Alassane Diaby

Personal information
- Full name: Alassane-Méba Diaby
- Date of birth: 6 January 1995 (age 31)
- Place of birth: Saint-Denis, France
- Height: 1.85 m (6 ft 1 in)^{[citation needed]}
- Position: Defender

Team information
- Current team: Quevilly-Rouen

Youth career
- 2012–2015: Monaco

Senior career*
- Years: Team / Apps / (Gls)
- 2012–2015: Monaco B / 22 / (0)
- 2015–2016: Lierse / 28 / (1)
- 2016–2018: Osmanlispor / 8 / (0)
- 2018: Septemvri Sofia / 6 / (0)
- 2019–2020: Pau / 21 / (1)
- 2020–2022: Quevilly-Rouen / 49 / (3)
- 2022–2023: Tuzla City / 10 / (0)
- 2023–2025: Nancy / 33 / (1)
- 2025–2026: Aubagne / 29 / (0)
- 2026–: Quevilly-Rouen / 0 / (0)

International career^{‡}
- 2013: France U19 / 3 / (0)
- 2016: Mali U20 / 2 / (0)
- 2016: Mali / 1 / (0)

= Alassane Diaby =

Footballer (born 1995)

Alassane-Méba Diaby (born 6 January 1995) is a professional footballer who plays as a defender for club Quevilly-Rouen. Born in France, he represented the Mali national team.

==Club career==
Diaby was born in Saint-Denis, France. He signed his first professional contract with Belgian club Lierse.
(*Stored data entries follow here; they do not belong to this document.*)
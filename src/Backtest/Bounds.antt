-- ===== src/Backtest/Bounds.antt =====
-- user-server/user_server/backtest/engine.py: how much a run trades, and how long its curve is.
use artic_trader.Prelude.{
  ℕ, suc, ◌+◌, ◌-◌, ◌≤◌, true, leb, Option, none, some, List, [], ◌∷◌, length, drop, ◌≡◌, refl,
  arith, length-drop, Bool-cases, inl, inr, ◌∙◌, ap,
}
use mathlib.Core.Path.{subst}
use artic_trader.Prelude.Exec.{ok}
use artic_trader.Trading.Float.{FloatOps}
use artic_trader.Trading.Session.{Candle}
use artic_trader.Backtest.Metrics.{MathOps, sharpe}
use artic_trader.Backtest.Orders.{
  CloseReason, Position, Outcome, Run, Tick, warmup, set_last, last_close, started,
}
use artic_trader.Backtest.Replay.{close_run, replay, close_last, outcome, full_run, run}
use artic_trader.Backtest.Begun.{
  Holds, Holds-bind, Holds-then, Bound, close_run-Bound, replay-Bound,
}

module _ {A : Type 0} where
  length-set_last : (xs : List A) (v : A) → length (set_last xs v) ≡ length xs
  length-set_last [] v = refl
  length-set_last (x ∷ []) v = refl
  length-set_last (x ∷ y ∷ ys) v = ap suc (length-set_last (y ∷ ys) v)

  -- One value for each candle after the warm-up and one before, and no more trades than candles.
  abbrev pub IsBounded : List (Candle A) → Outcome A → Type 0
  IsBounded candles res =
      (length res.equity_curve ≡ (length candles - warmup) + 1)
      × (res.n_trades ≡ length res.trades)
      × (res.n_trades ≤ length candles - warmup)

module _ {A W : Type 0} ⦃o : FloatOps A⦄ (fee : A) where
  close_last-Bound :
      (c k : ℕ) (q : Option (Position A)) (price : A) (r : Run A W)
      → r.position ≡ q
      → Bound c k r
      → Holds (Bound c k) (close_last fee q price r)
  unfolding close_last
  close_last-Bound c k none price r e b = b
  close_last-Bound c k (some pos) price r e b =
      Holds-then (Bound c k) (Bound c k) (close_run fee pos price CloseReason.force_close r)
        (λ r'. ok (record r' { equity_curve = set_last r'.equity_curve r'.cash }))
        (close_run-Bound fee c k pos price CloseReason.force_close r e b)
        (λ r' b'. record {
          curve_length = length-set_last r'.equity_curve r'.cash ∙ b'.curve_length;
          begun = b'.begun;
        })

module _ {A W : Type 0} ⦃o : FloatOps A⦄ where
  outcome-IsBounded :
      (m : MathOps A) (candles : List (Candle A)) (initial : A) (r : Run A W)
      → Bound ((length candles - warmup) + 1) (length candles - warmup) r
      → Holds (IsBounded candles) (outcome m initial r)
  unfolding outcome
  outcome-IsBounded m candles initial r b =
      Holds-bind (IsBounded candles) (sharpe m r.equity_curve) _
        (λ s. (b.curve_length, refl, omega (arith, b.begun)))

module _ {A W : Type 0} ⦃o : FloatOps A⦄ (tick_fn : Tick A W) (fee : A) (m : MathOps A) where
  full_run-IsBounded :
      (candles : List (Candle A)) (initial : A) (w : W)
      → Holds (IsBounded candles) (full_run tick_fn fee m candles initial w)
  unfolding full_run
  full_run-IsBounded candles initial w =
      let k = length candles - warmup in
      Holds-then (Bound (k + 1) k) (IsBounded candles)
        (replay tick_fn fee candles warmup (drop warmup candles) (started initial w)) _
        (replay-Bound tick_fn fee 1 0 (k + 1) k candles warmup (drop warmup candles)
          (started initial w) (omega (arith, length-drop warmup candles))
          (omega (arith, length-drop warmup candles))
          (record { curve_length = refl; begun = omega arith }))
        (λ r b.
          Holds-then (Bound (k + 1) k) (IsBounded candles)
            (close_last fee r.position (last_close initial candles) r) (outcome m initial)
            (close_last-Bound fee (k + 1) k r.position (last_close initial candles) r refl b)
            (λ r' b'. outcome-IsBounded m candles initial r' b'))

  run-IsBounded :
      (candles : List (Candle A)) (initial : A) (w : W)
      → Holds (IsBounded candles) (run tick_fn fee m candles initial w)
  unfolding run
  run-IsBounded candles initial w = elim (Bool-cases (leb (length candles) warmup)) [
    | inl e ↦ rw e (short_run (length candles) e, refl, omega arith)
    | inr e ↦ rw e (full_run-IsBounded candles initial w)
  ]
    where
      short_run : (n : ℕ) → leb n warmup ≡ true → 1 ≡ (n - warmup) + 1
      short_run n e = ground arith

  -- A backtest that ends without an exception has one value in its equity curve for each candle
  -- after the twenty of the warm-up, and the initial one; it counts its trades, and they are no
  -- more than those candles.
  pub run_bounds :
      (candles : List (Candle A)) (initial : A) (w : W) {res : Outcome A}
      → run tick_fn fee m candles initial w ≡ ok res
      → IsBounded candles res
  run_bounds candles initial w e =
      subst (Holds (IsBounded candles)) e (run-IsBounded candles initial w)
On 29 June 2018, Diaby signed with Bulgarian club Septemvri Sofia.

In June 2019, Diaby signed for Pau FC for the 2019–20 season. He stayed in Championnat National for the 2020–21 season, signing with Quevilly-Rouen in June 2020.

==International career==
Diaby was born and raised in France and is of Malian and Ivorian descent. At international level, he was a France youth international having represented his nation at under-19 level. He was called up to the Mali national under-20 football team for the 2016 Toulon Tournament, and made his debut in a 1–0 loss to the Czech Republic U20s.

Diaby made his debut for the senior Mali national football team in a friendly 1–0 loss to Nigeria on 27 May 2016.